Recently, the Arc Institute collaborated with NVIDIA, along with researchers from Stanford University, the University of California, Berkeley, and the University of California, San Francisco, to launch the world's largest biological artificial intelligence model - Evo2. This model is based on data from over 128,000 genomes and has been trained on 930 trillion nucleotides, making its scale comparable to the most powerful generative AI language models.

QQ_1740017835097.png

Evo2's deep learning capabilities allow it to quickly identify patterns in the gene sequences of different organisms, saving researchers years of time.

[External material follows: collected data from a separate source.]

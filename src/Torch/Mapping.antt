-- ===== src/Torch/Mapping.antt =====
-- native/src/training/torch_backend.cc: a device goes to libtorch and back.
use tensora.Core.Status.{ok}
use tensora.Tensor.{Device, cpu, cuda, mps, xpu, hip}
use tensora.Steps.{to_caller}
use tensora.Torch.Devices.{
  TorchType, torch_cuda, torch_mps, torch_xpu, torch_hip, TorchDevice, torch_device_from_snapshot,
  map_torch_device,
}
use tensora.Prelude.{zero, suc, ◌≡◌, Option, some, ℤ, pos, negsuc, arith}

-- What TorchDeviceFromSnapshot makes of a device and an index, for any accelerator and count, is
-- mapped back by MapTorchDevice to the same device and index.
pub map_torch_device-torch_device_from_snapshot :
    (device : Device) (index : ℤ) (accelerator : Option TorchType) (count : ℤ) (d : TorchDevice)
    → torch_device_from_snapshot device index accelerator count to_caller ≡ (ok, some d)
    → map_torch_device d.type d.index accelerator ≡ (ok, some (device, index))
unfolding torch_device_from_snapshot map_torch_device
map_torch_device-torch_device_from_snapshot cpu (pos zero) accelerator count d e = ground arith
map_torch_device-torch_device_from_snapshot cpu (pos (suc n)) accelerator count d e = ground arith
map_torch_device-torch_device_from_snapshot cpu (negsuc n) accelerator count d e = ground arith
map_torch_device-torch_device_from_snapshot cuda (pos n) (some torch_cuda) (pos c) d e =
    ground arith
map_torch_device-torch_device_from_snapshot hip (pos n) (some torch_hip) (pos c) d e = ground arith
map_torch_device-torch_device_from_snapshot xpu (pos n) (some torch_xpu) (pos c) d e = ground arith
map_torch_device-torch_device_from_snapshot mps (pos n) (some torch_mps) (pos c) d e = ground arith
map_torch_device-torch_device_from_snapshot device index accelerator count d e = ground arith
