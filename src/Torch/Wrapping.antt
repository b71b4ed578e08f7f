-- ===== src/Torch/Wrapping.antt =====
-- native/src/training/torch_backend.cc: a tensor of libtorch that is wrapped comes back as it was.
use Prim.Native.String.{String}
use tensora.Float.{Float32}
use tensora.Heap.{new_tensor}
use tensora.Shape.{ShapeInfo}
use tensora.Storage.{Storage, Copied, torch_kind, kind}
use tensora.Tensor.{Tensor, Device, float32}
use tensora.Steps.{Result, to_caller, ◌>>=◌, ◌>>◌}
use tensora.Steps.Frame.{Yields, bind-Yields, then-Yields, and_then-done}
use tensora.Torch.Library.{Torch, TorchHost, on_heap_of, guard_allocation}
use tensora.Torch.Storage.{new_torch_storage, from_tensor}
use tensora.Torch.Backend.{owned_tensor, tensor_to_torch, wrap_torch_tensor}
use tensora.Prelude.{
  Option-cases, inl, inr, ap, ℕ, ◌≡◌, refl, subst, Option, none, some, List, ℤ, get_elem?, length,
  get_elem?-snoc, ≡→==,
}

module _ {F X R : Type 0} where
  -- The storage of that number is a Torch storage.
  abbrev pub HoldsTorch : ℕ → TorchHost F X R → Type 0
  HoldsTorch number s =
      (bytes : ℕ) × (copy : Option (List F) → ℕ → Option ℕ → Copied F) × (get_elem? s.heap.storages
          number
        ≡ some (Storage.other torch_kind bytes copy))

  -- It owns the tensor too.
  abbrev Owns : X → ℕ → TorchHost F X R → Type 0
  Owns x number s = HoldsTorch number s × (owned_tensor number s.owned ≡ some x)

module _ {F X R : Type 0} (torch : Torch F X R) where
  new_torch_storage-Owns : (x : X) → Yields (new_torch_storage torch x) (Owns x)
  unfolding new_torch_storage Yields owned_tensor
  new_torch_storage-Owns x s a t e =
      subst
        (λ (r : Result ℕ × TorchHost F X R). elim r.0 [
          | Result.done n ↦ Owns x n r.1
          | _ ↦ Unit {0}
        ])
        e ((_, _, get_elem?-snoc s.heap.storages _), rw (≡→== (length s.heap.storages) _ refl) refl)

  from_tensor-Owns : (x : X) → Yields (from_tensor torch x to_caller) (Owns x)
  unfolding from_tensor
  from_tensor-Owns x = search (new_torch_storage-Owns x, bind-Yields, then-Yields) depth 20

  -- A tensor of the heap, over a Torch storage, that goes to libtorch as `x`.
  abbrev pub GoesTo : ⦃fl : Float32 F⦄ → X → ℕ → TorchHost F X R → Type 0
  GoesTo x a s =
      (t : Tensor) × (get_elem? s.heap.tensors a ≡ some t)
      × (tensor_to_torch torch t to_caller s ≡ (Result.done x, s))
      × HoldsTorch t.storage s

  made-GoesTo :
      ⦃fl : Float32 F⦄ (x : X) (shape : ShapeInfo) (place : Device) (index : ℤ) (number : ℕ)
      (s : TorchHost F X R)
      → Owns x number s
      → (a : ℕ) (t : TorchHost F X R)
      → on_heap_of (new_tensor shape number float32 place index 0 none) s ≡ (Result.done a, t)
      → GoesTo x a t
  unfolding new_tensor tensor_to_torch kind
  made-GoesTo x shape place index number s ((bytes, copy, stored), owned) a t e =
      subst
        (λ (r : Result ℕ × TorchHost F X R). elim r.0 [
          | Result.done n ↦ GoesTo x n r.1
          | _ ↦ Unit {0}
        ])
        e (_, get_elem?-snoc s.heap.tensors _, rw (stored, owned) refl, (bytes, copy, stored))

  -- An allocation that succeeds leaves the storages, and what they own.
  guard_allocation-Owns :
      (operation : String) (x : X) (number : ℕ) (s t : TorchHost F X R) (done : Unit {0})
      → Owns x number s
      → guard_allocation operation s ≡ (Result.done done, t)
      → Owns x number t
  unfolding guard_allocation
  guard_allocation-Owns operation x number s t done owns e =
      elim (Option-cases (s.heap.allocator s.heap.requests 0)) [
        | inl granted ↦ subst (Owns x number) (ap (λ r. r.1) (rw granted at e)) owns
        | inr (refusal, refused) ↦ cc (rw refused at e)
      ]

  kept-GoesTo :
      ⦃fl : Float32 F⦄ (x : X) (shape : ShapeInfo) (place : Device) (index : ℤ)
      → Yields
          (do
            storage ← from_tensor torch x to_caller
            guard_allocation "wrap torch tensor"
            on_heap_of (new_tensor shape storage float32 place index 0 none))
          (GoesTo x)
  unfolding Yields
  kept-GoesTo x shape place index s a t e =
      let (number, u, first, rest) = and_then-done (from_tensor torch x to_caller s) _ a t e in
      let (one, v, granted, last) =
        and_then-done (guard_allocation "wrap torch tensor" u) _ a t rest in
      made-GoesTo x shape place index number v
        (guard_allocation-Owns _ x number u v one (from_tensor-Owns x s number u first) granted) a t
        last

  pub wrap_torch_tensor-GoesTo :
      ⦃fl : Float32 F⦄ (x : X) → Yields (wrap_torch_tensor torch x to_caller) (GoesTo x)
  unfolding wrap_torch_tensor
  wrap_torch_tensor-GoesTo x = search (kept-GoesTo x, bind-Yields, then-Yields) depth 20

  -- When WrapTorchTensor makes a tensor of one of libtorch, TensorToTorch gives this one back for it,
  -- without a copy, and changes nothing.
  pub tensor_to_torch-wrap_torch_tensor :
      ⦃fl : Float32 F⦄ (x : X) (s : TorchHost F X R) (a : ℕ) (s' : TorchHost F X R)
      → wrap_torch_tensor torch x to_caller s ≡ (Result.done a, s')
      → (t : Tensor) × (get_elem? s'.heap.tensors a ≡ some t)
        × (tensor_to_torch torch t to_caller s' ≡ (Result.done x, s'))
  unfolding Yields
  tensor_to_torch-wrap_torch_tensor x s a s' e =
      let (t, made, back, holds) = wrap_torch_tensor-GoesTo x s a s' e in (t, made, back)
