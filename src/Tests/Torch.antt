-- ===== src/Tests/Torch.antt =====
-- Runs of the model of native/src/training/torch_backend.cc, over lists in place of libtorch's tensors.
use tensora.Core.Status.{ok}
use tensora.Tensor.{hip, Tensor}
use tensora.Shape.{validate_shape, scan}
use tensora.Steps.{Result, to_caller}
use tensora.Torch.Devices.{
  torch_cuda, torch_hip, torch_cpu, TorchDevice, torch_device_from_snapshot, map_torch_device,
}
use tensora.Torch.Mapping.{map_torch_device-torch_device_from_snapshot}
use tensora.Torch.Library.{Torch, computed, float32_scalar, TorchHost}
use tensora.Torch.Backend.{wrap_torch_tensor, tensor_to_torch}
use tensora.Torch.Wrapping.{tensor_to_torch-wrap_torch_tensor}
use tensora.Tests.Kernels.{counting}
use tensora.Prelude.{
  ℕ, ◌+◌, ◌≡◌, refl, true, none, some, List, [], ◌∷◌, pos, negsuc, length, get_elem?, get_or,
}

-- The third device of two is refused, the second is a CUDA device of libtorch.
abbrev second_hip : TorchDevice
second_hip = record { type = torch_cuda; index = pos 1 }

second_found :
    torch_device_from_snapshot hip (pos 1) (some torch_hip) (pos 2) to_caller
    ≡ (ok, some second_hip)
unfolding torch_device_from_snapshot
second_found = refl

map_torch_device-torch_device_from_snapshot_example :
    map_torch_device torch_cuda (pos 1) (some torch_hip) ≡ (ok, some (hip, pos 1))
map_torch_device-torch_device_from_snapshot_example =
    map_torch_device-torch_device_from_snapshot hip (pos 1) (some torch_hip) (pos 2) second_hip
      second_found

-- A tensor is its values, of rank 1.
abbrev pub lists : Torch ℕ (List ℕ) ℕ
lists = record {
  get_accelerator = λ r. (computed none, r + 1);
  device_count = λ r. (computed (pos 0), r + 1);
  defined = λ x. true;
  scalar_type = λ x. float32_scalar;
  numel = λ x. pos (length x);
  sizes = λ x. pos (length x) ∷ [];
  device = λ x r. record { type = torch_cpu; index = negsuc 0 };
  to_host = λ x r.
      computed (record {
        scalar_type = float32_scalar;
        numel = pos (length x);
        values = λ i. get_or x i 0;
      });
  from_blob_clone = λ values dims r. (computed [], r + 1);
  full = λ dims value r. (computed (value ∷ []), r + 1);
  reshape_clone = λ x dims r. (computed x, r + 1);
  transpose_contiguous = λ x r. (computed x, r + 1);
  add = λ x y r. (computed x, r + 1);
  multiply = λ x y r. (computed x, r + 1);
  sum = λ x r. (computed (0 ∷ []), r + 1);
  matmul = λ x y r. (computed x, r + 1);
}

abbrev pub empty_host : TorchHost ℕ (List ℕ) ℕ
empty_host = record {
  heap = record {
    storages = [];
    counters = [];
    tensors = [];
    metas = [];
    next_identity = 1;
    requests = 0;
    allocator = λ requests bytes. none;
  };
  owned = [];
  live_bytes = 0;
  runtime = 0;
}

abbrev wrapped_host : TorchHost ℕ (List ℕ) ℕ
wrapped_host = (wrap_torch_tensor lists (5 ∷ 6 ∷ []) to_caller empty_host).1

wraps : wrap_torch_tensor lists (5 ∷ 6 ∷ []) to_caller empty_host ≡ (Result.done 0, wrapped_host)
unfolding wrap_torch_tensor validate_shape scan
wraps = refl

tensor_to_torch-wrap_torch_tensor_example :
    (t : Tensor) × (get_elem? wrapped_host.heap.tensors 0 ≡ some t)
    × (tensor_to_torch lists t to_caller wrapped_host ≡ (Result.done (5 ∷ 6 ∷ []), wrapped_host))
tensor_to_torch-wrap_torch_tensor_example =
    tensor_to_torch-wrap_torch_tensor lists (5 ∷ 6 ∷ []) empty_host 0 wrapped_host wraps
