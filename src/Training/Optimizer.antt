-- ===== src/Training/Optimizer.antt =====
-- native/src/training/training_bridge_stub.cc: the optimizers of a module.
use Prim.Native.String.{String, ◌++◌}
use tensora.Core.Status.{fail_argument}
use tensora.Float.{Float32, Float64}
use tensora.Tensor.{Tensor}
use tensora.Registry.Entries.{optimizer_handle}
use tensora.Registry.{release}
use tensora.Heap.{M, load_tensor, guarded}
use tensora.Steps.{
  Steps, check, return, from_status, undefined_unless, Output, to_caller, ◌>>=◌, ◌>>◌, need,
}
use tensora.Autograd.Values.{cpu_values}
use tensora.Training.State.{
  OptimizerKind, sgd, adam, adamw, Rates, OptimizerState, Train, on_tensors, lookup_module,
  lookup_optimizer, register, new_optimizer, parameters,
}
use tensora.Training.Step.{StepState, step_all, clear_gradients}
use tensora.Prelude.{
  ℕ, ◌*◌, not, ◌&&◌, Bool, true, false, some, List, [], ◌∷◌, get_elem?, set, replicate,
  if◌then◌else◌,
}

abbrev pub kind_operation : OptimizerKind → String
kind_operation sgd = "sgd_create"
kind_operation adam = "adam_create"
kind_operation adamw = "adamw_create"

module _ (F : Type 0) {D : Type 0} ⦃fd : Float64 F D⦄ where
  open fd use {zero_d, one_d, lt_d, le_d, is_finite}

  -- `ValidatePositiveFinite`
  unfoldable pub validate_positive_finite : {S : Type 0} → D → String → String → Steps S (Unit {0})
  validate_positive_finite value name operation =
      check (is_finite value && not (le_d value zero_d))
        (fail_argument ((operation ++ ": ") ++ (name ++ " must be finite and positive")))

  -- `ValidateNonNegativeFinite`
  unfoldable pub validate_non_negative_finite :
      {S : Type 0} → D → String → String → Steps S (Unit {0})
  validate_non_negative_finite value name operation =
      check (is_finite value && not (lt_d value zero_d))
        (fail_argument ((operation ++ ": ") ++ (name ++ " must be finite and non-negative")))

  -- `ValidateBeta`
  unfoldable pub validate_beta : {S : Type 0} → D → String → String → Steps S (Unit {0})
  validate_beta value name operation =
      check (is_finite value && (not (lt_d value zero_d) && not (le_d one_d value)))
        (fail_argument ((operation ++ ": ") ++ (name ++ " must be finite in [0, 1)")))

  -- The tests of the numbers that the kind of optimizer uses.
  unfoldable pub validate_kind :
      {S : Type 0} → OptimizerKind → Rates D → String → Steps S (Unit {0})
  unfolding validate_non_negative_finite validate_beta validate_positive_finite
  validate_kind sgd r operation = validate_non_negative_finite r.momentum "momentum" operation
  validate_kind kind r operation = do
    validate_beta r.beta1 "beta1" operation
    validate_beta r.beta2 "beta2" operation
    validate_positive_finite r.epsilon "epsilon" operation

  -- The tests of `CreateOptimizer`.
  unfoldable pub admit_rates : {S : Type 0} → OptimizerKind → Rates D → Steps S (Unit {0})
  unfolding validate_positive_finite validate_non_negative_finite validate_kind
  admit_rates kind r = do
    let operation = kind_operation kind
    validate_positive_finite r.learning_rate "learning_rate" operation
    validate_non_negative_finite r.weight_decay "weight_decay" operation
    validate_kind kind r operation

abbrev is_sgd : OptimizerKind → Bool
is_sgd sgd = true
is_sgd kind = false

module _ {F : Type 0} ⦃fl : Float32 F⦄ where
  open fl use {zero_f}

  -- How `OptimizerStep` reads a gradient.
  unfoldable pub read_direct : Tensor → M F (List F)
  unfolding cpu_values
  read_direct t = cpu_values t "optimizer_step" to_caller

  -- The moments of `CreateOptimizer`: SGD has no second ones.
  make_moments : String → Bool → List ℕ → M F (List (List F) × List (List F))
  unfolding guarded
  make_moments operation no_second [] = return ([], [])
  make_moments operation no_second (parameter ∷ rest) = do
    t ← load_tensor parameter
    guarded operation (t.shape.numel * 4)
    if no_second then return tt else guarded operation (t.shape.numel * 4)
    (firsts, seconds) ← make_moments operation no_second rest
    let zeros = replicate t.shape.numel zero_f
    return (zeros ∷ firsts, if no_second then seconds else zeros ∷ seconds)

module _ {F D G : Type 0} ⦃fl : Float32 F⦄ ⦃fd : Float64 F D⦄ where
  open fd use {zero_d}

  -- `CreateOptimizer`
  unfoldable pub create_optimizer : ℕ → OptimizerKind → Rates D → Output → Train F D G ℕ
  unfolding admit_rates lookup_module make_moments parameters
  create_optimizer module_id kind r out = do
    need out "optimizer_create: output handle pointer is null"
    let operation = kind_operation kind
    admit_rates F kind r
    (a, s) ← lookup_module module_id
    (firsts, seconds) ← on_tensors (make_moments operation (is_sgd kind) (parameters s))
    state ← new_optimizer (record {
      module_state = a;
      moments = record {
        kind = kind;
        rates = r;
        step = 0;
        first_moment = firsts;
        second_moment = seconds;
      };
    })
    register optimizer_handle state

  -- `SgdCreate`
  unfoldable pub sgd_create : ℕ → D → D → D → Output → Train F D G ℕ
  unfolding create_optimizer
  sgd_create module_id learning_rate momentum weight_decay out =
      create_optimizer module_id sgd
        (record {
          learning_rate = learning_rate;
          momentum = momentum;
          beta1 = zero_d;
          beta2 = zero_d;
          epsilon = zero_d;
          weight_decay = weight_decay;
        })
        out

  -- `AdamCreate` and `AdamWCreate`.
  unfoldable pub adam_create : OptimizerKind → ℕ → D → D → D → D → D → Output → Train F D G ℕ
  unfolding create_optimizer
  adam_create kind module_id learning_rate beta1 beta2 epsilon weight_decay out =
      create_optimizer module_id kind
        (record {
          learning_rate = learning_rate;
          momentum = zero_d;
          beta1 = beta1;
          beta2 = beta2;
          epsilon = epsilon;
          weight_decay = weight_decay;
        })
        out

  -- A step on the moments of an optimizer. What a step that fails has changed stays changed.
  unfoldable pub on_moments :
      ℕ → OptimizerState F D → Steps (StepState F D) (Unit {0}) → Train F D G (Unit {0})
  on_moments a s m p =
      let (r, (o, h)) = m (s.moments, p.world.heap) in
      (
        r,
        record p {
          world = record p.world { heap = h };
          optimizers = set p.optimizers a (record s { moments = o });
        },
      )

  module_parameters : ℕ → Train F D G (List ℕ)
  unfolding parameters
  module_parameters a p = (do s ← undefined_unless (get_elem? p.modules a); return (parameters s)) p

  -- `OptimizerZeroGrad`
  unfoldable pub optimizer_zero_grad : ℕ → Train F D G (Unit {0})
  unfolding lookup_optimizer module_parameters clear_gradients
  optimizer_zero_grad optimizer = do
    (a, s) ← lookup_optimizer optimizer
    ps ← module_parameters s.module_state
    on_tensors (clear_gradients ps)

  -- `OptimizerStep`
  unfoldable pub optimizer_step : ℕ → Train F D G (Unit {0})
  unfolding lookup_optimizer module_parameters on_moments step_all read_direct
  optimizer_step optimizer = do
    (a, s) ← lookup_optimizer optimizer
    ps ← module_parameters s.module_state
    on_moments a s (step_all "optimizer_step" read_direct ps)

  -- `OptimizerRelease`
  unfoldable pub optimizer_release : ℕ → Train F D G (Unit {0})
  optimizer_release optimizer p =
      let (s, r) = release optimizer optimizer_handle p.world.registry in
      from_status (s, some tt) (record p { world = record p.world { registry = r } })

The model can accurately identify mutations that cause human diseases and is capable of designing new genomes comparable in length to those of simple bacterial genomes. The development team of Evo2 announced that detailed information about the model will be released on February 19, 2025, along with a user-friendly interface called Evo Designer. The code for Evo2 has been made publicly available on Arc's GitHub and has been integrated into NVIDIA's BioNeMo framework to facilitate scientific research advancements.

Compared to its predecessor, Evo1, Evo2 not only expands the data range to include data from bacteria, archaea, viruses, and eukaryotes such as humans and plants, but it also marks a significant moment in the field of generative biology, enabling machines to "read, write, and think" in the language of nucleotides.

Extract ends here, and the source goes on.